With respect to climate change, “We’re waiting to see what the Supreme Court may do to clip the wings of the Environmental Protection Agency” as part of its review of the Trump-era power-sector rule: “There’s some concern that the Court’s reading of the Clean Air Act” will constrain the agency’s rulemaking authority.

Freeman described the stakes as enormous: “If that were to happen, we’d be left in a world, in the United States anyway, where the Congress is largely inactive on climate change” and the executive branch might be “severely constrained by a Supreme Court skeptical of regulatory power.” (For background on the long-term fallout of climate change, see the Harvard Magazine feature article, “Controlling the Global Thermostat.”)
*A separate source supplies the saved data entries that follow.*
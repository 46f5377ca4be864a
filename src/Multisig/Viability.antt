-- ===== src/Multisig/Viability.antt =====
-- The multisig of multisig.rs stays usable: distinct signers, and no more asked for than there are.
use grainlify_stellar_contra.Base.{
  ℕ, suc, ◌≡◌, ◌≤◌, ◌<◌, refl, true, false, Option, some, List, [], ◌∷◌, arith, inl, inr,
  Bool-cases, length, contains, push_back, length-append, IsDistinct, contains-push_back,
  push_back-IsDistinct, ◌==◌, unwrap_or,
}
use grainlify_stellar_contra.Base.Host.{Address, Env, ok, Outcome-cases}
use grainlify_stellar_contra.Multisig.State.{State, MultiSigConfig}
use grainlify_stellar_contra.Multisig.Operations.{
  has_duplicate, init, get_config, without, remove_signer, add_signer, remove_each, add_each,
  rotate_signers,
}

-- Distinct signers, of whom the threshold asks for at least one and for no more than there are.
pub record IsViable (c : MultiSigConfig) : Type 0 where
  pub distinct : IsDistinct c.signers
  pub positive : 0 < c.threshold
  pub reachable : c.threshold ≤ length c.signers

contains-without :
    (a b : Address) (xs : List Address) → contains xs b ≡ false → contains (without a xs) b ≡ false
unfolding without
contains-without a b [] h = refl
contains-without a b (x ∷ xs) h = ground (arith, contains-without a b xs (ground arith))

without-IsDistinct : (a : Address) (xs : List Address) → IsDistinct xs → IsDistinct (without a xs)
unfolding without
without-IsDistinct a [] d = tt
without-IsDistinct a (x ∷ xs) d =
    ground (arith, without-IsDistinct a xs d.1, contains-without a x xs d.0)

without_absent : (a : Address) (xs : List Address) → contains xs a ≡ false → without a xs ≡ xs
unfolding without
without_absent a [] h = refl
without_absent a (x ∷ xs) h = ground (arith, without_absent a xs (ground arith))

-- Removing a signer leaves one less.
length-without :
    (a : Address) (xs : List Address)
    → IsDistinct xs
    → contains xs a ≡ true
    → suc (length (without a xs)) ≡ length xs
unfolding without
length-without a [] d h = absurd (ground arith)
length-without a (x ∷ xs) d h = elim (Bool-cases (x == a)) [
  | inl here ↦ let gone = without_absent a xs (ground arith) in ground arith
  | inr there ↦ ground (arith, length-without a xs d.1 (ground arith))
]

has_duplicate-fresh :
    (seen xs : List Address) (b : Address)
    → has_duplicate seen xs ≡ false
    → contains seen b ≡ true
    → contains xs b ≡ false
unfolding has_duplicate
has_duplicate-fresh seen [] b h k = refl
has_duplicate-fresh seen (x ∷ xs) b h k = ground (
  arith,
  has_duplicate-fresh (push_back seen x) xs b (ground arith)
      (ground (arith, contains-push_back seen b x)),
)

has_duplicate-IsDistinct : (seen xs : List Address) → has_duplicate seen xs ≡ false → IsDistinct xs
unfolding has_duplicate
has_duplicate-IsDistinct seen [] h = tt
has_duplicate-IsDistinct seen (x ∷ xs) h = (
  has_duplicate-fresh (push_back seen x) xs x (ground arith)
      (ground (arith, contains-push_back seen x x)),
  has_duplicate-IsDistinct (push_back seen x) xs (ground arith),
)

-- What `init` sets up is viable.
pub init-IsViable :
    (e : Env) (s s' : State) (signers : List Address) (threshold : ℕ)
    → init signers threshold e s ≡ ok (tt, s')
    → (c : MultiSigConfig) × (s'.config ≡ some c) × IsViable c
unfolding init
init-IsViable e s s' signers threshold h = (
  record { signers = signers; threshold = threshold },
  ground arith,
  record {
    distinct = has_duplicate-IsDistinct [] signers (ground arith);
    positive = ground arith;
    reachable = ground arith;
  },
)

-- `remove_signer` keeps the multisig viable, with one signer less.
pub remove_signer-IsViable :
    (e : Env) (s s' : State) (caller a : Address) {c : MultiSigConfig}
    → s.config ≡ some c
    → IsViable c
    → remove_signer caller a e s ≡ ok (tt, s')
    → (c' : MultiSigConfig) × (s'.config ≡ some c')
      × IsViable c'
      × (suc (length c'.signers) ≡ length c.signers)
      × (c'.threshold ≡ c.threshold)
unfolding remove_signer get_config
remove_signer-IsViable e s s' caller a {c} k v h =
    let fewer = length-without a c.signers v.distinct (ground arith) in
    (
      record c { signers = without a c.signers },
      ground arith,
      record {
        distinct = without-IsDistinct a c.signers v.distinct;
        positive = v.positive;
        reachable = ground (arith, fewer);
      },
      fewer,
      refl,
    )

-- So does `add_signer`, with one signer more.
pub add_signer-IsViable :
    (e : Env) (s s' : State) (caller a : Address) {c : MultiSigConfig}
    → s.config ≡ some c
    → IsViable c
    → add_signer caller a e s ≡ ok (tt, s')
    → (c' : MultiSigConfig) × (s'.config ≡ some c')
      × IsViable c'
      × (length c'.signers ≡ suc (length c.signers))
      × (c'.threshold ≡ c.threshold)
unfolding add_signer get_config
add_signer-IsViable e s s' caller a {c} k v h =
    let more = length-append c.signers (a ∷ []) in
    (
      record c { signers = push_back c.signers a },
      ground arith,
      record {
        distinct = push_back-IsDistinct c.signers a v.distinct (ground arith);
        positive = v.positive;
        reachable = omega (arith, more, v.reachable);
      },
      omega (arith, more),
      refl,
    )

remove_each-IsDistinct :
    (e : Env) (s s' : State) (signers as_ : List Address) {left : List Address}
    → IsDistinct signers
    → remove_each signers as_ e s ≡ ok (left, s')
    → (s' ≡ s) × IsDistinct left
unfolding remove_each
remove_each-IsDistinct e s s' signers [] {left} d h =
    let same : signers ≡ left = cc in (cc, rw (← same) d)
remove_each-IsDistinct e s s' signers (a ∷ as_) d h =
    remove_each-IsDistinct e s s' (without a signers) as_ (without-IsDistinct a signers d)
      (ground arith)

add_each-IsDistinct :
    (e : Env) (s s' : State) (signers as_ : List Address) {all : List Address}
    → IsDistinct signers
    → add_each signers as_ e s ≡ ok (all, s')
    → (s' ≡ s) × IsDistinct all
unfolding add_each
add_each-IsDistinct e s s' signers [] {all} d h =
    let same : signers ≡ all = cc in (cc, rw (← same) d)
add_each-IsDistinct e s s' signers (a ∷ as_) d h =
    add_each-IsDistinct e s s' (push_back signers a) as_
      (push_back-IsDistinct signers a d (ground arith)) (ground arith)

-- And `rotate_signers`, whatever it adds, removes and changes.
pub rotate_signers-IsViable :
    (e : Env) (s s' : State) (caller : Address) (added removed : List Address)
    (new_threshold : Option ℕ) {c : MultiSigConfig}
    → s.config ≡ some c
    → IsViable c
    → rotate_signers caller added removed new_threshold e s ≡ ok (tt, s')
    → (c' : MultiSigConfig) × (s'.config ≡ some c') × IsViable c'
unfolding rotate_signers get_config
rotate_signers-IsViable e s s' caller added removed new_threshold {c} k v h =
    elim (Outcome-cases (remove_each c.signers removed e s)) [
      | inr (inl (x, failed)) ↦ absurd (ground arith)
      | inr (inr (x, failed)) ↦ absurd (ground arith)
      | inl (fewer, removes) ↦
          let (same, d) = remove_each-IsDistinct e s fewer.1 c.signers removed v.distinct removes in
          elim (Outcome-cases (add_each fewer.0 added e s)) [
            | inr (inl (x, failed)) ↦ absurd (ground arith)
            | inr (inr (x, failed)) ↦ absurd (ground arith)
            | inl (all, adds) ↦
                let (same', d') = add_each-IsDistinct e s all.1 fewer.0 added d adds in
                (
                  record { signers = all.0; threshold = unwrap_or new_threshold c.threshold },
                  ground arith,
                  record { distinct = d'; positive = ground arith; reachable = ground arith },
                )
          ]
    ]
“The starkest way to put it,” she continued, “is that we could find ourselves in a place where climate policy is not being made by the United States Congress, nor…by the elected president carrying out delegated power under laws long on the books, but…by six Supreme Court justices who are unaccountable and unelected.” If such a scenario were to transpire, Freeman put it delicately, “I think that would be an uncomfortable place for climate policy.”

Were that to occur, the Supreme Court’s limitation on U.S. action would also adversely affect international efforts to address climate change, Freeman said: U.S. leadership on climate is crucial to the success of the coalition of both large and rapidly growing economies around the world. 

But encouragingly, Freeman concluded, there is broad domestic industry support for climate regulation. Automobile manufacturers have “largely lined up in favor of the new car standards,” she said, and “quite a considerable section of the oil and gas industry has been supportive of comprehensive methane regulation.” In addition, “a significant swath of the electric power industry wants the EPA to regulate their sector; they don’t want the court to scuttle the EPA’s authority” to regulate them. “My hope” she concluded, is that “the Biden administration succeeds…, the court does not severely constrain the EPA’s authority, and that success will breed success.”